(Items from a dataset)
..........

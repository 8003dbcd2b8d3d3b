-- ===== src/Shell/Tests.antt =====
-- Runs of shell_parse, and the theorems at small lines.
use emos.Base.{ℕ, ◌≡◌, refl, true, List, [], ◌∷◌, ◌++◌, some, arith, replicate}
use emos.Strto.{strtol}
use emos.Shell.{Argument, shell_parse}
use emos.Shell.Expand.{ShellVar, Expansion, get_variable, shell_expand}
use emos.Shell.Expanded.{IsAscii, Returned, shell_expand-Returned}
use emos.Shell.Bounds.{IsArgument, shell_parse-IsArgument}
use emos.Shell.Quoted.{quoted, escaped, shell_parse-quoted}

-- ` ab cd`
two_words :
    shell_parse 9 (b' ' ∷ b'a' ∷ b'b' ∷ b' ' ∷ b'c' ∷ []) 4
    ≡ some (record { line = some (b' ' ∷ b'c' ∷ []); bytes = b'a' ∷ b'b' ∷ []; terminated = true })
unfolding shell_parse
two_words = refl

-- Behind `\n` the letter is read a second time.
control_twice :
    shell_parse 9 (b'\\' ∷ b'n' ∷ []) 4
    ≡ some (record { line = some []; bytes = b'\n' ∷ b'n' ∷ []; terminated = true })
unfolding shell_parse
control_twice = refl

-- `"a'b c"`: the single quote takes the place of the double one, which then does not close.
mixed_quotes :
    shell_parse 9 (b'"' ∷ b'a' ∷ b'\'' ∷ b'b' ∷ b' ' ∷ b'"' ∷ b' ' ∷ []) 9
    ≡ some (record { line = some []; bytes = b'a' ∷ b'b' ∷ b' ' ∷ b' ' ∷ []; terminated = true })
unfolding shell_parse
mixed_quotes = refl

octal_byte :
    shell_parse 9 (b'\\' ∷ b'1' ∷ b'0' ∷ b'1' ∷ []) 4
    ≡ some (record { line = some []; bytes = b'A' ∷ []; terminated = true })
unfolding shell_parse strtol
octal_byte = refl

shell_parse-IsArgument_example :
    (a : Argument) × (shell_parse 4 (b'a' ∷ b'\\' ∷ b'x' ∷ []) 1 ≡ some a) × IsArgument 1 a
shell_parse-IsArgument_example = shell_parse-IsArgument 4 (b'a' ∷ b'\\' ∷ b'x' ∷ []) 1 (omega arith)

abbrev word : List ℕ
word = b'"' ∷ b' ' ∷ []

shell_parse-quoted_example :
    shell_parse 9 (replicate 2 b' ' ++ quoted word (b' ' ∷ [])) 8
    ≡ some (record { line = some (b' ' ∷ []); bytes = word; terminated = true })
unfolding escaped
shell_parse-quoted_example =
    shell_parse-quoted 9 2 word (b' ' ∷ []) 8 refl (omega arith) (omega arith)

-- `A` is `xy`.
abbrev vars : List ShellVar
vars = record { key_len = 1; str = b'A' ∷ 0 ∷ b'x' ∷ b'y' ∷ 0 ∷ [] } ∷ []

expanded :
    shell_expand 9 vars (b'1' ∷ b'$' ∷ b'A' ∷ b' ' ∷ []) 8
    ≡ Expansion.done (b'1' ∷ b'x' ∷ b'y' ∷ b' ' ∷ [])
unfolding shell_expand
expanded = refl

-- A longer key that begins with `A` finds it too.
longer_key : get_variable vars (b'A' ∷ b'B' ∷ []) ≡ some (b'x' ∷ b'y' ∷ [])
unfolding get_variable
longer_key = refl

abbrev dollar : IsAscii (b'$' ∷ b'A' ∷ [])
dollar =
    IsAscii.cons b'$' (b'A' ∷ []) (omega arith) (IsAscii.cons b'A' [] (omega arith) IsAscii.nil)

shell_expand-Returned_example : Returned 1 (shell_expand 3 vars (b'$' ∷ b'A' ∷ []) 1)
shell_expand-Returned_example =
    shell_expand-Returned 3 vars (b'$' ∷ b'A' ∷ []) 1 dollar (omega arith)
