-- ===== src/Strings.antt =====
-- kernel/stdc/string: the functions on bytes in memory. Memory is a function from addresses to
-- bytes, `size_t` and addresses are 32 bits wide, and no pointer of a theorem passes 2 ^ 32.
pub mod Move
pub mod Copy
mod Tests
use emos.Base.{
  ℕ, zero, suc, ◌+◌, ◌-◌, ◌%◌, ◌^◌, Bool, true, false, Option, none, some, ◌==◌, ltb, leb,
  if◌then◌else◌,
}

abbrev pub Memory : Type 0
Memory = ℕ → ℕ

abbrev pub store : Memory → (a v : ℕ) → Memory
store m a v b = if b == a then v else m b

-- `while (len--) *dest_c++ = *src_c++;`
unfoldable pub copy_up : (len dest src : ℕ) → Memory → Memory
copy_up zero dest src m = m
copy_up (suc n) dest src m = copy_up n (dest + 1) (src + 1) (store m dest (m src))

-- `while (len--) *--dest_c = *--src_c;` from `dest + len` and `src + len` on
unfoldable pub copy_down : (len dest src : ℕ) → Memory → Memory
copy_down zero dest src m = m
copy_down (suc n) dest src m = copy_down n dest src (store m (dest + n) (m (src + n)))

-- `(long)a > (long)b`: the numbers from 2 ^ 31 on are negative.
abbrev pub greater_long : (a b : ℕ) → Bool
greater_long a b = ltb ((b + 2 ^ 31) % 2 ^ 32) ((a + 2 ^ 31) % 2 ^ 32)

unfoldable pub memmove : (dest src len : ℕ) → Memory → ℕ × Memory
memmove dest src len m =
    if greater_long dest src
    then (dest, copy_down len dest src m)
    else (dest, copy_up len dest src m)

unfoldable pub memcpy : (dest src len : ℕ) → Memory → ℕ × Memory
memcpy dest src len m = (dest, copy_up len dest src m)

unfoldable pub mempcpy : (dest src len : ℕ) → Memory → ℕ × Memory
mempcpy dest src len m = (dest + len, copy_up len dest src m)

-- The loop of `memset`, which stores `c` as a byte.
unfoldable pub fill : (count dest c : ℕ) → Memory → Memory
fill zero dest c m = m
fill (suc n) dest c m = fill n (dest + 1) c (store m dest (c % 256))

unfoldable pub memset : (dest c count : ℕ) → Memory → ℕ × Memory
unfolding fill
memset dest c count m = (dest, fill count dest c m)

-- The loop of `strnlen`, with the rounds that it has: nothing where it still runs.
unfoldable pub strnlen_loop : (rounds str s maxlen : ℕ) → Memory → Option ℕ
strnlen_loop zero str s maxlen m = none
strnlen_loop (suc n) str s maxlen m =
    let rest = strnlen_loop n (str + 1) (s + 1) maxlen m in
    if m str == 0 then some s else if leb s maxlen then rest else some s

unfoldable pub strnlen : (rounds str maxlen : ℕ) → Memory → Option ℕ
unfolding strnlen_loop
strnlen rounds str maxlen m = strnlen_loop rounds str 0 maxlen m

-- `if (maxlen) *d = 0;`
unfoldable pub terminate : (maxlen d : ℕ) → Memory → Memory
terminate maxlen d m = if maxlen == 0 then m else store m d 0

-- `while (maxlen-- && *s) *d++ = *s++;` and what follows. The test that finds `maxlen` to be 0
-- leaves it at SIZE_MAX.
unfoldable pub strncpy_loop : (maxlen d s : ℕ) → Memory → Memory
unfolding terminate
strncpy_loop zero d s m = terminate (2 ^ 32 - 1) d m
strncpy_loop (suc n) d s m =
    let rest = strncpy_loop n (d + 1) (s + 1) (store m d (m s)) in
    if m s == 0 then terminate n d m else rest

unfoldable pub strncpy : (dest src maxlen : ℕ) → Memory → ℕ × Memory
unfolding strncpy_loop
strncpy dest src maxlen m = (dest, strncpy_loop maxlen dest src m)
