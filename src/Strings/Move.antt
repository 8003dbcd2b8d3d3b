-- ===== src/Strings/Move.antt =====
-- kernel/stdc/string/memmove.c: where source and destination overlap.
use emos.Base.{
  ℕ, zero, suc, ◌+◌, ◌-◌, ◌^◌, ◌≤◌, ◌<◌, ◌≡◌, ◌⊎◌, inl, inr, refl, Bool-cases, ltb, if◌then◌else◌,
  arith, ap, dec_le, ℕ_discrete, ◌&&◌, leb,
}
use emos.Strings.{Memory, store, copy_up, copy_down, greater_long, memmove}

-- The memory with the bytes of `m` at `src` on, `len` of them, put at `dest` on.
abbrev pub moved : (dest src len : ℕ) → Memory → Memory
moved dest src len m a = if leb dest a && ltb a (dest + len) then m (src + (a - dest)) else m a

pub src_at : (a dest src : ℕ) → a ≤ dest → src + (a - dest) ≡ src
src_at a dest src l = omega arith

pub next_at : (a dest src : ℕ) → dest < a → src + 1 + (a - (dest + 1)) ≡ src + (a - dest)
next_at a dest src l = omega arith

last_at : (a dest n src : ℕ) → a ≡ dest + n → src + (a - dest) ≡ src + n
last_at a dest n src e = omega arith

copy_up-moved :
    (len dest src : ℕ) (m : Memory) (a : ℕ)
    → (dest ≤ src) ⊎ (src + len ≤ dest)
    → copy_up len dest src m a ≡ moved dest src len m a
unfolding copy_up
copy_up-moved zero dest src m a h = ground arith
copy_up-moved (suc n) dest src m a h =
    let ih = copy_up-moved n (dest + 1) (src + 1) (store m dest (m src)) a (ground (arith, h)) in
    elim (dec_le a dest) [
      | yes l ↦ elim (ℕ_discrete a dest) [
        | yes e ↦ ground (arith, ap m (src_at a dest src l))
        | no ne ↦ ground arith
      ]
      | no g ↦ ground (arith, ap m (next_at a dest src (omega arith)))
    ]

copy_down-moved :
    (len dest src : ℕ) (m : Memory) (a : ℕ)
    → (src ≤ dest) ⊎ (dest + len ≤ src)
    → copy_down len dest src m a ≡ moved dest src len m a
unfolding copy_down
copy_down-moved zero dest src m a h = ground arith
copy_down-moved (suc n) dest src m a h =
    let ih = copy_down-moved n dest src (store m (dest + n) (m (src + n))) a (ground (arith, h)) in
    elim (ℕ_discrete a (dest + n)) [
      | yes e ↦ ground (arith, ap m (last_at a dest n src e))
      | no ne ↦ ground arith
    ]

-- Where neither range passes 2 ^ 32, and both addresses are on the same side of 2 ^ 31 or the ranges
-- do not meet, memmove returns `dest` and memory holds the old bytes of the source there; all other
-- bytes are as before.
pub memmove-moved :
    (dest src len : ℕ) (m : Memory)
    → dest + len ≤ 2 ^ 32
    → src + len ≤ 2 ^ 32
    → 0 < len
    → ((dest < 2 ^ 31) × (src < 2 ^ 31))
      ⊎ (((2 ^ 31 ≤ dest) × (2 ^ 31 ≤ src)) ⊎ ((dest + len ≤ src) ⊎ (src + len ≤ dest)))
    → ((memmove dest src len m).0 ≡ dest)
      × ((a : ℕ) → (memmove dest src len m).1 a ≡ moved dest src len m a)
unfolding memmove
memmove-moved dest src len m d s z h = elim (Bool-cases (greater_long dest src)) [
  | inl g ↦ rw (g, memmove) (refl, λ a. copy_down-moved len dest src m a (ground (arith, h)))
  | inr g ↦ rw (g, memmove) (refl, λ a. copy_up-moved len dest src m a (ground (arith, h)))
]
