-- ===== src/Strings/Copy.antt =====
-- kernel/stdc/string/strnlen.c and strncpy.c: what they do at the bound.
use emos.Base.{
  ℕ, zero, suc, ◌+◌, ◌≤◌, ◌<◌, ◌≡◌, ◌≢◌, ◌⊎◌, ap, ◌==◌, if◌then◌else◌, arith, ◌&&◌, min, some,
  dec_le, ℕ_discrete, not,
}
use emos.Strings.{Memory, store, strnlen, strnlen_loop, strncpy, strncpy_loop, terminate}
use emos.Strings.Move.{moved, src_at, next_at}

-- A string of `k` bytes and a NUL behind them.
abbrev pub IsString : Memory → (str k : ℕ) → Type 0
IsString m str zero = m str ≡ 0
IsString m str (suc k) = (m str ≢ 0) × IsString m (str + 1) k

strnlen_loop-IsString :
    (n str s maxlen k : ℕ) (m : Memory)
    → IsString m str k
    → s ≤ maxlen + 1
    → k < n
    → strnlen_loop n str s maxlen m ≡ some (min (s + k) (maxlen + 1))
unfolding strnlen_loop
strnlen_loop-IsString zero str s maxlen k m h l b = absurd (omega arith)
strnlen_loop-IsString (suc n) str s maxlen zero m h l b = ground (arith, h)
strnlen_loop-IsString (suc n) str s maxlen (suc k) m (h, hs) l b = elim (dec_le s maxlen) [
  | yes y ↦ ground (arith, strnlen_loop-IsString n (str + 1) (s + 1) maxlen k m hs (omega arith))
  | no g ↦ ground arith
]

-- On a string, with a round for each of its bytes and one more, strnlen returns the length of the
-- string where it is at most the bound, and one more than the bound for every longer string.
pub strnlen-min :
    (rounds str maxlen k : ℕ) (m : Memory)
    → IsString m str k
    → k < rounds
    → strnlen rounds str maxlen m ≡ some (min k (maxlen + 1))
unfolding strnlen
strnlen-min rounds str maxlen k m h b =
    ground (arith, strnlen_loop-IsString rounds str 0 maxlen k m h (omega arith) b)

store-IsString :
    (m : Memory) (str k a v : ℕ)
    → (a < str) ⊎ (str + k < a)
    → IsString m str k
    → IsString (store m a v) str k
store-IsString m str zero a v o h = ground (arith, o)
store-IsString m str (suc k) a v o (h, hs) =
    (ground (arith, o), store-IsString m (str + 1) k a v (ground (arith, o)) hs)

-- The memory with the bytes of the string put at `dest` on, `maxlen` of them at most, and a NUL
-- behind them, unless the string and its NUL fill the buffer.
abbrev pub bounded : (dest src maxlen k : ℕ) → Memory → Memory
bounded dest src maxlen k m a =
    if a == dest + min k maxlen && not (k + 1 == maxlen)
    then 0
    else moved dest src (min k maxlen) m a

strncpy_loop-bounded :
    (maxlen dest src k : ℕ) (m : Memory) (a : ℕ)
    → IsString m src k
    → (dest + maxlen ≤ src) ⊎ (src + k < dest)
    → strncpy_loop maxlen dest src m a ≡ bounded dest src maxlen k m a
unfolding strncpy_loop terminate
strncpy_loop-bounded zero dest src k m a h o = ground arith
strncpy_loop-bounded (suc n) dest src zero m a h o = ground (arith, h)
strncpy_loop-bounded (suc n) dest src (suc k) m a (h, hs) o =
    let m' = store m dest (m src) in
    let hs' = store-IsString m (src + 1) k dest (m src) (ground (arith, o)) hs in
    let ih = strncpy_loop-bounded n (dest + 1) (src + 1) k m' a hs' (ground (arith, o)) in
    elim (dec_le a dest) [
      | yes l ↦ elim (ℕ_discrete a dest) [
        | yes e ↦ ground (arith, ih, ap m (src_at a dest src l))
        | no ne ↦ ground (arith, ih)
      ]
      | no g ↦ ground (arith, ih, ap m' (next_at a dest src (omega arith)))
    ]

-- For a string and a buffer of `maxlen` bytes that do not meet, strncpy copies the bytes of the
-- string up to `maxlen` of them and writes a NUL behind them, also where this is the byte behind the
-- buffer; only where the string and its NUL just fill the buffer is no NUL written.
pub strncpy-bounded :
    (dest src maxlen k : ℕ) (m : Memory) (a : ℕ)
    → IsString m src k
    → (dest + maxlen ≤ src) ⊎ (src + k < dest)
    → (strncpy dest src maxlen m).1 a ≡ bounded dest src maxlen k m a
unfolding strncpy
strncpy-bounded dest src maxlen k m a h o = strncpy_loop-bounded maxlen dest src k m a h o
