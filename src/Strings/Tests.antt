-- ===== src/Strings/Tests.antt =====
-- Runs of the string functions, and the theorems at a small memory.
use emos.Base.{ℕ, ◌+◌, ◌^◌, ◌≡◌, inl, inr, refl, arith, ◌-◌, ◌==◌, ltb, if◌then◌else◌}
use emos.Strings.{Memory, copy_up, memmove, memcpy, mempcpy, memset, strncpy}
use emos.Strings.Move.{moved, memmove-moved}
use emos.Strings.Copy.{IsString, bounded, strncpy-bounded}

-- At each address below 6 its number and one more, and zeros behind.
abbrev numbers : Memory
numbers a = if ltb a 6 then a + 1 else 0

memset_test : (memset 2 300 2 numbers).1 3 ≡ 44
unfolding memset
memset_test = refl

memcpy_test : (memcpy 10 1 3 numbers).1 12 ≡ 4
unfolding memcpy copy_up
memcpy_test = refl

mempcpy_test : (mempcpy 10 1 3 numbers).0 ≡ 13
unfolding mempcpy
mempcpy_test = refl

-- A copy to the next address, across 2 ^ 31, repeats the first byte.
abbrev at_border : Memory
at_border a = if a == 2 ^ 31 - 1 then 7 else 5

memmove_border_test : (memmove (2 ^ 31) (2 ^ 31 - 1) 2 at_border).1 (2 ^ 31 + 1) ≡ 7
unfolding memmove copy_up
memmove_border_test = refl

memmove-moved_example :
    ((memmove 2 1 3 numbers).0 ≡ 2)
    × ((a : ℕ) → (memmove 2 1 3 numbers).1 a ≡ moved 2 1 3 numbers a)
memmove-moved_example =
    memmove-moved 2 1 3 numbers (omega arith) (omega arith) (omega arith)
      (inl (omega arith, omega arith))

four_bytes : IsString numbers 2 4
four_bytes = (ground arith, (ground arith, (ground arith, (ground arith, refl))))

-- A buffer of three bytes: the NUL is written behind it.
strncpy-bounded_example : (strncpy 10 2 3 numbers).1 13 ≡ bounded 10 2 3 4 numbers 13
strncpy-bounded_example = strncpy-bounded 10 2 3 4 numbers 13 four_bytes (inr (omega arith))

-- A buffer that the string and its NUL just fill: no NUL is written.
strncpy_fill_test : (strncpy 10 2 5 (λ a. if ltb a 10 then numbers a else 9)).1 14 ≡ 9
unfolding strncpy
strncpy_fill_test = refl
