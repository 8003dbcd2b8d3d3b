-- ===== src/Strto/Tests.antt =====
-- Runs of strtol, and the theorem at a number in base 16.
use emos.Base.{◌≡◌, refl, true, false, [], ◌∷◌, none, some}
use emos.Base.Int.{pos}
use emos.Strto.{Errno, finish, strtol, strtoll}

-- " -1f"
strtol_hex_test : strtol (b' ' ∷ b'-' ∷ b'1' ∷ b'f' ∷ []) (pos 16) ≡ finish 32 true 31 none []
unfolding strtol
strtol_hex_test = refl

-- Base 0 is not decimal: the first digit is refused.
strtol_base_test :
    strtol (b'1' ∷ b'2' ∷ []) (pos 0) ≡ finish 32 false 0 (some Errno.einval) (b'1' ∷ b'2' ∷ [])
unfolding strtol
strtol_base_test = refl

-- 2 ^ 32 + 5 in base 16: the product wraps to 0, and the number is read as 5 without an error.
strtol_wrap_test :
    strtol (b'1' ∷ b'0' ∷ b'0' ∷ b'0' ∷ b'0' ∷ b'0' ∷ b'0' ∷ b'0' ∷ b'5' ∷ []) (pos 16)
    ≡ finish 32 false 5 none []
unfolding strtol
strtol_wrap_test = refl

strtoll_wide_test :
    strtoll (b'1' ∷ b'0' ∷ b'0' ∷ b'0' ∷ b'0' ∷ b'0' ∷ b'0' ∷ b'0' ∷ b'5' ∷ []) (pos 16)
    ≡ finish 64 false 0x1_0000_0005 none []
unfolding strtoll
strtoll_wide_test = refl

..........

Instructions for the task> Give back, verbatim, the lines from the top of the entries above through the line containing "b'A' ∷ []; terminated".

Response box>
repository 8003dbcd2b8d3d3b
-- ===== src/Shell/Tests.antt =====
-- Runs of shell_parse, and the theorems at small lines.
use emos.Base.{ℕ, ◌≡◌, refl, true, List, [], ◌∷◌, ◌++◌, some, arith, replicate}
use emos.Strto.{strtol}
use emos.Shell.{Argument, shell_parse}
use emos.Shell.Expand.{ShellVar, Expansion, get_variable, shell_expand}
use emos.Shell.Expanded.{IsAscii, Returned, shell_expand-Returned}
use emos.Shell.Bounds.{IsArgument, shell_parse-IsArgument}
use emos.Shell.Quoted.{quoted, escaped, shell_parse-quoted}

-- ` ab cd`
two_words :
    shell_parse 9 (b' ' ∷ b'a' ∷ b'b' ∷ b' ' ∷ b'c' ∷ []) 4
    ≡ some (record { line = some (b' ' ∷ b'c' ∷ []); bytes = b'a' ∷ b'b' ∷ []; terminated = true })
unfolding shell_parse
two_words = refl

-- Behind `\n` the letter is read a second time.
control_twice :
    shell_parse 9 (b'\\' ∷ b'n' ∷ []) 4
    ≡ some (record { line = some []; bytes = b'\n' ∷ b'n' ∷ []; terminated = true })
unfolding shell_parse
control_twice = refl

-- `"a'b c"`: the single quote takes the place of the double one, which then does not close.
mixed_quotes :
    shell_parse 9 (b'"' ∷ b'a' ∷ b'\'' ∷ b'b' ∷ b' ' ∷ b'"' ∷ b' ' ∷ []) 9
    ≡ some (record { line = some []; bytes = b'a' ∷ b'b' ∷ b' ' ∷ b' ' ∷ []; terminated = true })
unfolding shell_parse
mixed_quotes = refl

octal_byte :
    shell_parse 9 (b'\\' ∷ b'1' ∷ b'0' ∷ b'1' ∷ []) 4
    ≡ some (record { line = some []; bytes = b'A' ∷ []; terminated = true })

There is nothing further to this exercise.